**Required action**. Copy out each line below in which the string "refuses" appears.

Top of Dataset excerpts

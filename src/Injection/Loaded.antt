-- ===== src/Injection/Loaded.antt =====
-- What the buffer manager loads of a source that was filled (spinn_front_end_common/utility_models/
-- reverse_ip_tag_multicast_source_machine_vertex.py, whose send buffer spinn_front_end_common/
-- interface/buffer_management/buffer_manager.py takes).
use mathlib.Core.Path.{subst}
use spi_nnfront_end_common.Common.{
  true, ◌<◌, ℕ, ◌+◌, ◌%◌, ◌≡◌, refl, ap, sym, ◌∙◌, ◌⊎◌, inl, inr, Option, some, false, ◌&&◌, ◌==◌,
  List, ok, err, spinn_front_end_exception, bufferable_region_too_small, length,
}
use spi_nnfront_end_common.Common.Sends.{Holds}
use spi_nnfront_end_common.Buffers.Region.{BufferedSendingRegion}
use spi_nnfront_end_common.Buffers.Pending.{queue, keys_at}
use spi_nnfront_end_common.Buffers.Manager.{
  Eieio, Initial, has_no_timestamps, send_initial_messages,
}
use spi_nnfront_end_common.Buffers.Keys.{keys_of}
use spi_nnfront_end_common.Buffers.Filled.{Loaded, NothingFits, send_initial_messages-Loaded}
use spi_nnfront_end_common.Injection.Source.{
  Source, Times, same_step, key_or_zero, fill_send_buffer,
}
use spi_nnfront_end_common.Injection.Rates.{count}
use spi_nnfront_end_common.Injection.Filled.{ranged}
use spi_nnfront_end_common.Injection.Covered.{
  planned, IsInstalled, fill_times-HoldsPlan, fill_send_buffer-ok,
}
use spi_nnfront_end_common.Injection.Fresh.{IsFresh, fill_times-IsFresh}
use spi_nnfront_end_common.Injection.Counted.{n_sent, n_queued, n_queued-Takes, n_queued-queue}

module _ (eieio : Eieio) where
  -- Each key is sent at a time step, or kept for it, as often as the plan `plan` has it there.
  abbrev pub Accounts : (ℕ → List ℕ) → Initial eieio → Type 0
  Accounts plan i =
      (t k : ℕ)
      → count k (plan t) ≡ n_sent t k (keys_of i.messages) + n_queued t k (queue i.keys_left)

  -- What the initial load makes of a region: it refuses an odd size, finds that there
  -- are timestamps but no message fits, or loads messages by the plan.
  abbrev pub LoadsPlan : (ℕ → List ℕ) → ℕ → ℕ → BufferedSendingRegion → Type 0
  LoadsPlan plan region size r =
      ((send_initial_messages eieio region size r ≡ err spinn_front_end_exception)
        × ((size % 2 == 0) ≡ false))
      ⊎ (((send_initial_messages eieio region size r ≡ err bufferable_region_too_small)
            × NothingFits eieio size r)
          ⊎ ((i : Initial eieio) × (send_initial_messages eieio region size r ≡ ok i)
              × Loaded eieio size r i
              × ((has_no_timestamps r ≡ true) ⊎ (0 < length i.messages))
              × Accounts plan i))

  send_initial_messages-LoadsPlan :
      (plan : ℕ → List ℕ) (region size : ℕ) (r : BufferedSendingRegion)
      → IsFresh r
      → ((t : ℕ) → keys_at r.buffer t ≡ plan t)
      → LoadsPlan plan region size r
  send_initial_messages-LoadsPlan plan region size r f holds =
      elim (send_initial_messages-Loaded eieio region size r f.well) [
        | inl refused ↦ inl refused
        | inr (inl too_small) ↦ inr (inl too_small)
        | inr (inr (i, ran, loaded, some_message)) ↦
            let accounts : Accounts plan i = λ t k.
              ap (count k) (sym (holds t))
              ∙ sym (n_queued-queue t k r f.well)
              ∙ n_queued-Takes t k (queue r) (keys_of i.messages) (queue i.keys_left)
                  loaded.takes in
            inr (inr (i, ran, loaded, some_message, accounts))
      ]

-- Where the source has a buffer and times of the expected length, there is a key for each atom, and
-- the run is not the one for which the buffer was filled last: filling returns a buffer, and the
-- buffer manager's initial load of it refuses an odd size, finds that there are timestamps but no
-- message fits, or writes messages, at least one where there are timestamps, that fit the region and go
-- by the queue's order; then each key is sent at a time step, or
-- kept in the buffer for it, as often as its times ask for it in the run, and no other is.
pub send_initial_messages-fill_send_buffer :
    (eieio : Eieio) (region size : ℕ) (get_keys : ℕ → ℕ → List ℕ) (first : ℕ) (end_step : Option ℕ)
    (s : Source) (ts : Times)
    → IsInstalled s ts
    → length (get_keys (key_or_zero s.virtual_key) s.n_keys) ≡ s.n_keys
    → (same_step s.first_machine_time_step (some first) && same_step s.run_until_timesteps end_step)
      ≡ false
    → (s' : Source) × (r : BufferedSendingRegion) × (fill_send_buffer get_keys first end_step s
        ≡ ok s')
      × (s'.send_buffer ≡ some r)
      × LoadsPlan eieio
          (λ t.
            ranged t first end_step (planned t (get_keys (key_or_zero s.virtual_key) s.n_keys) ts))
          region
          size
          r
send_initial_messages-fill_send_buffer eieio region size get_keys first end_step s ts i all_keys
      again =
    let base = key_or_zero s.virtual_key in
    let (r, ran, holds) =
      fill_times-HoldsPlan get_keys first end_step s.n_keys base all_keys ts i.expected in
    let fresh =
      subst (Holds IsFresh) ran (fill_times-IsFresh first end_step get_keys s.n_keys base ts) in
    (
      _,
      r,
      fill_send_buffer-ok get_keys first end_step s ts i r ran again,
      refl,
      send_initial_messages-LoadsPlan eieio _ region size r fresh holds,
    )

Bottom of Dataset excerpts
Top of Dataset excerpts

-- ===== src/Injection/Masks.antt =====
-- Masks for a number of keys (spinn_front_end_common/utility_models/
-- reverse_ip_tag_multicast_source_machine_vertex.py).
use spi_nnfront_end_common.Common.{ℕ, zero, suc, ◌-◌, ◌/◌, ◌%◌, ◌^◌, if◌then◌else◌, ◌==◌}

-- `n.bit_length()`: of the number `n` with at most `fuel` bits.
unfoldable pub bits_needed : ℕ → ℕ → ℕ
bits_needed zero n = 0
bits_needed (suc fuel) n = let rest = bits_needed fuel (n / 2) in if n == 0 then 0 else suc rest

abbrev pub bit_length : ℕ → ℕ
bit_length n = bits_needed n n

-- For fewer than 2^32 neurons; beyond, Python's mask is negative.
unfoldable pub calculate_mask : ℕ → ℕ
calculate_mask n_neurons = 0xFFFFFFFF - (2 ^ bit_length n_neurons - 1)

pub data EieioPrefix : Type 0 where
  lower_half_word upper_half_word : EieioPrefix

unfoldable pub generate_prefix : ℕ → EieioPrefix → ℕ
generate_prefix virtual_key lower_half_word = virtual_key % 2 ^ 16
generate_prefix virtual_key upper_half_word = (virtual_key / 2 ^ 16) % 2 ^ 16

Bottom of Dataset excerpts
Top of Dataset excerpts

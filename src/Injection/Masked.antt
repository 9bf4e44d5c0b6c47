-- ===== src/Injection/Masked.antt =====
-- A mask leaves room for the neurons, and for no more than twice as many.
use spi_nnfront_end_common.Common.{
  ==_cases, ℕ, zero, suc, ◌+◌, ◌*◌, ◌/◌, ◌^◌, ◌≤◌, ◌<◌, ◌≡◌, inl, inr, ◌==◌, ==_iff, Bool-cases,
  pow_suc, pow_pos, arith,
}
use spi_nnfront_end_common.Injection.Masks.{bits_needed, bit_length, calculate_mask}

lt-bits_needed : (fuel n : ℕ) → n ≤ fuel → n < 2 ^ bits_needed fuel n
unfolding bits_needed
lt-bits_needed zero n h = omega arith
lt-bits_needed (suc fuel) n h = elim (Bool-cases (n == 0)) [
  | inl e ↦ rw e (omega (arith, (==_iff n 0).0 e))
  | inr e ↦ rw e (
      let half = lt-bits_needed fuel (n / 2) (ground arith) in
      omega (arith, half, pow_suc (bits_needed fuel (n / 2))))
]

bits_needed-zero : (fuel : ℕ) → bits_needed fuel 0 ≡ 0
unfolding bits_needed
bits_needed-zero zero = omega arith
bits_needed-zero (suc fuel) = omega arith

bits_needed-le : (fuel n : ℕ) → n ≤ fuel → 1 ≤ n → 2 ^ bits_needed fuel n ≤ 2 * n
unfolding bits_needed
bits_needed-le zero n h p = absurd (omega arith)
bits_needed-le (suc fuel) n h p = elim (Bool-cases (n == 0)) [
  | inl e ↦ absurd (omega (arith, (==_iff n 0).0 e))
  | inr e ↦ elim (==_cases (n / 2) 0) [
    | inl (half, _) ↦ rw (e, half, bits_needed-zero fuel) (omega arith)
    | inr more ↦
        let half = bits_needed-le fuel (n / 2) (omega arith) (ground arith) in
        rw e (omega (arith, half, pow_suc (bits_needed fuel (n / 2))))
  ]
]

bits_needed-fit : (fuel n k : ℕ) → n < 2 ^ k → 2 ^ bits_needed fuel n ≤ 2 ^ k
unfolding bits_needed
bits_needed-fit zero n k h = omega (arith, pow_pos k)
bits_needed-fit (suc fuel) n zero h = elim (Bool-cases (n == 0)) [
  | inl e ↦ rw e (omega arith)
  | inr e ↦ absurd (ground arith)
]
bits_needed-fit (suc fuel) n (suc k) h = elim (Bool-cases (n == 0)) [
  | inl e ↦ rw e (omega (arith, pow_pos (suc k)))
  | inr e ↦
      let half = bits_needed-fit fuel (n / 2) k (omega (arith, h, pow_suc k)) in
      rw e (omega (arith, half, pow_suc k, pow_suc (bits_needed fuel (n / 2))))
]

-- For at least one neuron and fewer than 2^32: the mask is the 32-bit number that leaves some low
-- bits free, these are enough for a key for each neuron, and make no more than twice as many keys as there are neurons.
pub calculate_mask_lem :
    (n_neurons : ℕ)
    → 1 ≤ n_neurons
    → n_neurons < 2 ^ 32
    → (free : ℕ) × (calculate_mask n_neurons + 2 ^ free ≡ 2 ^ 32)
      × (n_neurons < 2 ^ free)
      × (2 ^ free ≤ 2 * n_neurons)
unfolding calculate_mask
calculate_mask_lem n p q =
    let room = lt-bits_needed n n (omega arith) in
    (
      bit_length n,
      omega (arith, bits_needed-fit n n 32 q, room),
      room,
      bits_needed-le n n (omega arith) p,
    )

Bottom of Dataset excerpts

**Answer**.
  -- What the initial load makes of a region: it refuses an odd size, finds that there
-- buffer manager's initial load of it refuses an odd size, finds that there are timestamps but no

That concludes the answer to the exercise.